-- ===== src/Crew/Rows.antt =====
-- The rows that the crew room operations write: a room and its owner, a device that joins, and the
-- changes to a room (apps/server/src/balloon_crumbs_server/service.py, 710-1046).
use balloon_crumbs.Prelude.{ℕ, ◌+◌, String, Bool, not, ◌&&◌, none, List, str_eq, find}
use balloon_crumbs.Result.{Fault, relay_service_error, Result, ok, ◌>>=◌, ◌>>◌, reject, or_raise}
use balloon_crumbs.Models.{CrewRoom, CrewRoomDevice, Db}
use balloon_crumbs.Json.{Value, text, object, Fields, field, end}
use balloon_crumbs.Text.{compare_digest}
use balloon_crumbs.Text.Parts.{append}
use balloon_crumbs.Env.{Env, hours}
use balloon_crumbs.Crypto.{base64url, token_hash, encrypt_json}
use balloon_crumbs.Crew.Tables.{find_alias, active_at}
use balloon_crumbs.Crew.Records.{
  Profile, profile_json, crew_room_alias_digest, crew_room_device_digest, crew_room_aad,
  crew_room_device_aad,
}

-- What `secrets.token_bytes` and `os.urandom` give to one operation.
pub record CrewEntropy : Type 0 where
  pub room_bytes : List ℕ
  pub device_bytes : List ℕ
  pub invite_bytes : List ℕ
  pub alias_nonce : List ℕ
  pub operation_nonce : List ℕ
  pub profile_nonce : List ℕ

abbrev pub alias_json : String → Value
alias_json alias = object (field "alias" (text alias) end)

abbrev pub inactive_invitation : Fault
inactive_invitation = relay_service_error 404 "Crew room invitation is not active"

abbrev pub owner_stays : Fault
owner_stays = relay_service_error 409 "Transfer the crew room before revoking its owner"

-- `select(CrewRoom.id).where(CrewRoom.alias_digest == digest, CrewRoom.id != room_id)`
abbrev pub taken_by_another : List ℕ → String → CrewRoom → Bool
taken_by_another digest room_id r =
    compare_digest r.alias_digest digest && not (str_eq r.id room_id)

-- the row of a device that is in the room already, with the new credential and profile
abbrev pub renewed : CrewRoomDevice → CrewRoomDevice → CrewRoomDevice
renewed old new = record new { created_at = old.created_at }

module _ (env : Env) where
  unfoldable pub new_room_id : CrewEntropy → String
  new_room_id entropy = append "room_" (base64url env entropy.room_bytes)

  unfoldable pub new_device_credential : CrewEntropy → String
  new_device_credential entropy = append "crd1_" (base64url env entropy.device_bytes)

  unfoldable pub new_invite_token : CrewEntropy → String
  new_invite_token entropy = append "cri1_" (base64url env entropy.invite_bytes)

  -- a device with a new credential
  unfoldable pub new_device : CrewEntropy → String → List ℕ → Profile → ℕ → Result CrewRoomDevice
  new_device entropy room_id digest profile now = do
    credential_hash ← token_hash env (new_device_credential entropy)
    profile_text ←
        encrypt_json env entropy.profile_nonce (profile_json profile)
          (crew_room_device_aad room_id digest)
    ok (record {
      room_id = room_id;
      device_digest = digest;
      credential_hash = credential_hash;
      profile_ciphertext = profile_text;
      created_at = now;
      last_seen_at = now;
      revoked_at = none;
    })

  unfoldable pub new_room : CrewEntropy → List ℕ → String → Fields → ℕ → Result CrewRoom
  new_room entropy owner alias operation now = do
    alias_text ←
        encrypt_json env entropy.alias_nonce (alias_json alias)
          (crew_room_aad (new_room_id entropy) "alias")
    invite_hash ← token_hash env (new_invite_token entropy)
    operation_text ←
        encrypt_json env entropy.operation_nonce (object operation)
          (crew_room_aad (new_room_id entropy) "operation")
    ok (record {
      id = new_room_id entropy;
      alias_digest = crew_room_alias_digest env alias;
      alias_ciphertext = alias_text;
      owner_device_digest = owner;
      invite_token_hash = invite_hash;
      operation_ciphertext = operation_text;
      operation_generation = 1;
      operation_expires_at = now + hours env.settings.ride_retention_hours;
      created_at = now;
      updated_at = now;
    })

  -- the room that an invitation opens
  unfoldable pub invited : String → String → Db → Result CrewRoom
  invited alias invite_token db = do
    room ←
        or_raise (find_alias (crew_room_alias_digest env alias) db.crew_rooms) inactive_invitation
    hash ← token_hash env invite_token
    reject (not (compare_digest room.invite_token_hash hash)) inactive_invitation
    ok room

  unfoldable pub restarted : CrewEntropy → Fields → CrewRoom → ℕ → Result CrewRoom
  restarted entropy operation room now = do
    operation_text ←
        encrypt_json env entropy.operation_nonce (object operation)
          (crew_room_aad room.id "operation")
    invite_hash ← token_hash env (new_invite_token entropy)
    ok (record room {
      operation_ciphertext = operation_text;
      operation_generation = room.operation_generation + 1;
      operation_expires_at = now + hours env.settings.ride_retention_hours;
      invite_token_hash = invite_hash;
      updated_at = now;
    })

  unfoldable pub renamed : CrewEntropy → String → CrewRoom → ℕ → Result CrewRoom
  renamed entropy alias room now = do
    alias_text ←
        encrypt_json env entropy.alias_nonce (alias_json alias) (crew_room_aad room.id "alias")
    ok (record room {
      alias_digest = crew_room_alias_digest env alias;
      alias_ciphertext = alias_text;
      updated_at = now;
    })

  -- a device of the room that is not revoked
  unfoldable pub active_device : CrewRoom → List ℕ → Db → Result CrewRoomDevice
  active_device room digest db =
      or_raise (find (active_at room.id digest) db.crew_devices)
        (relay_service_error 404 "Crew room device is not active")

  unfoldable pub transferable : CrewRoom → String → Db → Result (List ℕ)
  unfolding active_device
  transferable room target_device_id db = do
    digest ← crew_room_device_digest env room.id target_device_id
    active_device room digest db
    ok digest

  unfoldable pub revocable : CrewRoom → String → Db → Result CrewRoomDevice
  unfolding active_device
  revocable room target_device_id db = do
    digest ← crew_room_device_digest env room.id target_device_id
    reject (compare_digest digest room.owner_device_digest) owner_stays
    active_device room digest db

________________________

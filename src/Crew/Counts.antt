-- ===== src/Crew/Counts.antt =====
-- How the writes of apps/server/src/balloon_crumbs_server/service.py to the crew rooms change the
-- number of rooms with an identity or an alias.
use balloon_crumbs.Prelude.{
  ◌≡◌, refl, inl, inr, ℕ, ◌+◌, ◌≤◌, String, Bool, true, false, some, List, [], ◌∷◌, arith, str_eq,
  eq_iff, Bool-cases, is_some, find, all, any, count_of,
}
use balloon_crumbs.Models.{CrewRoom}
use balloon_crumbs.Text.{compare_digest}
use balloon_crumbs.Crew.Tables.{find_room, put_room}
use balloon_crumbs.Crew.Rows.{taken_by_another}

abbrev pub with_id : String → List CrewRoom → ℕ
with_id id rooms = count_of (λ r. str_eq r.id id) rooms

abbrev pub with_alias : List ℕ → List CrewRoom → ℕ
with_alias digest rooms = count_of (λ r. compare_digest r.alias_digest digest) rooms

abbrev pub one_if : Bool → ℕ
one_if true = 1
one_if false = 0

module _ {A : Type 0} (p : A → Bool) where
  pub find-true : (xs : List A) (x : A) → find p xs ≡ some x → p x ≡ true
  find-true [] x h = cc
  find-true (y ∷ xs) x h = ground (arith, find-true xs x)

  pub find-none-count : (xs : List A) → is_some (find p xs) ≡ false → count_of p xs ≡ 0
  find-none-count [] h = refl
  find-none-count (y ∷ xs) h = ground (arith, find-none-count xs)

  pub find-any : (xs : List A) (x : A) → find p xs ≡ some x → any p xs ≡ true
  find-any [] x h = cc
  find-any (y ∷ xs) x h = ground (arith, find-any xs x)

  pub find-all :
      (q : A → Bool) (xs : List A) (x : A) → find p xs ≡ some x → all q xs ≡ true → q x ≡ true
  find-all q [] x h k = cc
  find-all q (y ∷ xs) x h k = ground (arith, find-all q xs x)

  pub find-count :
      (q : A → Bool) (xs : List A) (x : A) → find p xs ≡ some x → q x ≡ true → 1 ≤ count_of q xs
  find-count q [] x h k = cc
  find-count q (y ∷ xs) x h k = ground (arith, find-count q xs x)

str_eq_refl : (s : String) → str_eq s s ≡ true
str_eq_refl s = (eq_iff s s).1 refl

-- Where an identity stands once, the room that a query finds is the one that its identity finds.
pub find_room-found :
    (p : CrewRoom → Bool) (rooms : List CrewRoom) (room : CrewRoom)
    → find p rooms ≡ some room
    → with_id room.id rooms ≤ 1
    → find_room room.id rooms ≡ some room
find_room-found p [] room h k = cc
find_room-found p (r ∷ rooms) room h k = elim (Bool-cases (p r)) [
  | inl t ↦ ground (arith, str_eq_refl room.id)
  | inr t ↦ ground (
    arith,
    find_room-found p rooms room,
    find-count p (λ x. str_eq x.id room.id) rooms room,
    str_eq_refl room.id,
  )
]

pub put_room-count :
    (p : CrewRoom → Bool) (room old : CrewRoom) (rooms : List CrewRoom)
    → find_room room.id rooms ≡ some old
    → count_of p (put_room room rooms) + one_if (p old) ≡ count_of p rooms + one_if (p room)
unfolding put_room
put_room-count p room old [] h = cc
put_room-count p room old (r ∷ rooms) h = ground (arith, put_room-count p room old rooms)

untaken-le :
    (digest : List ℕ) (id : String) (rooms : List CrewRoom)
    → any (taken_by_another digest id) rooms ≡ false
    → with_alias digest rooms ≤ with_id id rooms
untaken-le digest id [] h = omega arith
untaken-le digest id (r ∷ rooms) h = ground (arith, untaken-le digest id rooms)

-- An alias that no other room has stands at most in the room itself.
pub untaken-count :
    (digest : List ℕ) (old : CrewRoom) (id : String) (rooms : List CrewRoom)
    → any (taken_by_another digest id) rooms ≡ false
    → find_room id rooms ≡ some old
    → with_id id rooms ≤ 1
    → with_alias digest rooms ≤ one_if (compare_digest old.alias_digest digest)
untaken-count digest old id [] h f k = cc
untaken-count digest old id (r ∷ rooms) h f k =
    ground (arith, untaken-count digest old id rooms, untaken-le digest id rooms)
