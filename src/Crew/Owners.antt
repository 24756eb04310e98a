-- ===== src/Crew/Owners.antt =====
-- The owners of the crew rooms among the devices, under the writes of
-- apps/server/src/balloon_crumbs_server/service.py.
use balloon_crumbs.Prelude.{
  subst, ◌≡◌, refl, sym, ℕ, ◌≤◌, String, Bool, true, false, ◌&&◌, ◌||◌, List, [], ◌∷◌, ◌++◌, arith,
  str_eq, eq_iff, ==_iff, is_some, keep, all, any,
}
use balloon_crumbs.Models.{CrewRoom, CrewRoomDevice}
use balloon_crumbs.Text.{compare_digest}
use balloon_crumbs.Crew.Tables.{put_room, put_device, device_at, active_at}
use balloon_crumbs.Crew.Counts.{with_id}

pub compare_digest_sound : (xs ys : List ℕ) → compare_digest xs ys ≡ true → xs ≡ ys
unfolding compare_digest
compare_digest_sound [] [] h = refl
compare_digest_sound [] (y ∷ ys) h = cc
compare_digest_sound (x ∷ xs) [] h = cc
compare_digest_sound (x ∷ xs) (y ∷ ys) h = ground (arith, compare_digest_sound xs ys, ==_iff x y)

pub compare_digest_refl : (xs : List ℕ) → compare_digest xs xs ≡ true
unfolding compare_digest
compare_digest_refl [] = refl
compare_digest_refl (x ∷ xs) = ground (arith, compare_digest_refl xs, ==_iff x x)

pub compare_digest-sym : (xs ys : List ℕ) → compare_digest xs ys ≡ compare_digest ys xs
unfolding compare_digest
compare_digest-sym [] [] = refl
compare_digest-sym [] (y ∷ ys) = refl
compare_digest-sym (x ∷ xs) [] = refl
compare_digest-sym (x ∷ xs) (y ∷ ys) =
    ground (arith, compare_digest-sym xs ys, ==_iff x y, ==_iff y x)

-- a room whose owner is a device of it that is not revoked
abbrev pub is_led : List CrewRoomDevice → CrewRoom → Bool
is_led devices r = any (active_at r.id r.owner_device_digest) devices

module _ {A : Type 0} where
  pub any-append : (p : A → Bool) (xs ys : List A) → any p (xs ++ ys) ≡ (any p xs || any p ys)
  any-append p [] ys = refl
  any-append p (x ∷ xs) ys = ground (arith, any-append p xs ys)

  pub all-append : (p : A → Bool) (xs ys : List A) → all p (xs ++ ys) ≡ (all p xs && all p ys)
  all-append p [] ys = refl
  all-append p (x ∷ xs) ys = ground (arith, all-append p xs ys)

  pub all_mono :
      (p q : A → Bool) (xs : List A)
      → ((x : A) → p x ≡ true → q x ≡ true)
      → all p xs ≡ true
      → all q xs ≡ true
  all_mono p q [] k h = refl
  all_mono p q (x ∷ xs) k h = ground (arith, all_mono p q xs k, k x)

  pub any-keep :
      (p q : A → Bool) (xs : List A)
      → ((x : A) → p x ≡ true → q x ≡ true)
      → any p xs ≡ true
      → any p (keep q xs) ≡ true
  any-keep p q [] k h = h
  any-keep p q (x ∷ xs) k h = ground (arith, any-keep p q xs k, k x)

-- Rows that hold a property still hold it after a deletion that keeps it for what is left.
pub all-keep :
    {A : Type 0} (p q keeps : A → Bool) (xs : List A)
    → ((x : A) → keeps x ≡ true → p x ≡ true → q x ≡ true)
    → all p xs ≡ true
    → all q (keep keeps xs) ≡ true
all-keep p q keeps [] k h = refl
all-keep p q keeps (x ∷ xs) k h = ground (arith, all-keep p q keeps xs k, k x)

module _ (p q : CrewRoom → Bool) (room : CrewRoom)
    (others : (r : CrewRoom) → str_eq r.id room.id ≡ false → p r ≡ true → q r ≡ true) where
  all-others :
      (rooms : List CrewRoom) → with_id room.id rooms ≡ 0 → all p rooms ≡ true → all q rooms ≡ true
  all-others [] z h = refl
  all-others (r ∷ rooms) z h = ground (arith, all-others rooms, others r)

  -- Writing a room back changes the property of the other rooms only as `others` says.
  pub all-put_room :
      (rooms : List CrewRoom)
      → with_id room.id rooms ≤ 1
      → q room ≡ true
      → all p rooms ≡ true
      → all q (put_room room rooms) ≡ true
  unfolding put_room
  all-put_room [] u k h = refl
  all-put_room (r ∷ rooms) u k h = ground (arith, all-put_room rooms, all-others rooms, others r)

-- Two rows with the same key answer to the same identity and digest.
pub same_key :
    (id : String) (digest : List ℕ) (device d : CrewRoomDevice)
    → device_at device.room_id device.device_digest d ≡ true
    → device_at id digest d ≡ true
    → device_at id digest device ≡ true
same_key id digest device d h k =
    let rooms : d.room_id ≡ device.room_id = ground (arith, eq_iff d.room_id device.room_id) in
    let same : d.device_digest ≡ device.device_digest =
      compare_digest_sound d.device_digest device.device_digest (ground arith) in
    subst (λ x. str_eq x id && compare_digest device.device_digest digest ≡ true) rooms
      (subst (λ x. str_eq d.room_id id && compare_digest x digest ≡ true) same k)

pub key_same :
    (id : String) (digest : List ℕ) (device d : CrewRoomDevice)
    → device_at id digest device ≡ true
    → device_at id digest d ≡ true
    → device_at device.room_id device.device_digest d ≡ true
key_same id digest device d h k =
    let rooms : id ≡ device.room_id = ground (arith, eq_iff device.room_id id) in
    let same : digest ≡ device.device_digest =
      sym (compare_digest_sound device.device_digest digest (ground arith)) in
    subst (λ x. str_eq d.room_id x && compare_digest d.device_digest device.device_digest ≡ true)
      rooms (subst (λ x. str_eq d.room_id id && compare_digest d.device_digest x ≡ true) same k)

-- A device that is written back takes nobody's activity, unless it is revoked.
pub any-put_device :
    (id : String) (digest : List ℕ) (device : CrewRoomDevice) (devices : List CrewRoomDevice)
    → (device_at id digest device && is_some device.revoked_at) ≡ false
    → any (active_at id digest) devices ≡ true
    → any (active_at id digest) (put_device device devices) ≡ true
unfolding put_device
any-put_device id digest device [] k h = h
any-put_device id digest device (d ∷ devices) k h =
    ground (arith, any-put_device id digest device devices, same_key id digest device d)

________________________

**ACTION ITEM:**
All lines containing "unfoldable" in the material above should appear in your reply, copied exactly.

**SOLVED PROBLEM:**
  unfoldable pub new_room_id : CrewEntropy → String
  unfoldable pub new_device_credential : CrewEntropy → String
  unfoldable pub new_invite_token : CrewEntropy → String
  unfoldable pub new_device : CrewEntropy → String → List ℕ → Profile → ℕ → Result CrewRoomDevice
  unfoldable pub new_room : CrewEntropy → List ℕ → String → Fields → ℕ → Result CrewRoom
  unfoldable pub invited : String → String → Db → Result CrewRoom
  unfoldable pub restarted : CrewEntropy → Fields → CrewRoom → ℕ → Result CrewRoom
  unfoldable pub renamed : CrewEntropy → String → CrewRoom → ℕ → Result CrewRoom
  unfoldable pub active_device : CrewRoom → List ℕ → Db → Result CrewRoomDevice
  unfoldable pub transferable : CrewRoom → String → Db → Result (List ℕ)
  unfoldable pub revocable : CrewRoom → String → Db → Result CrewRoomDevice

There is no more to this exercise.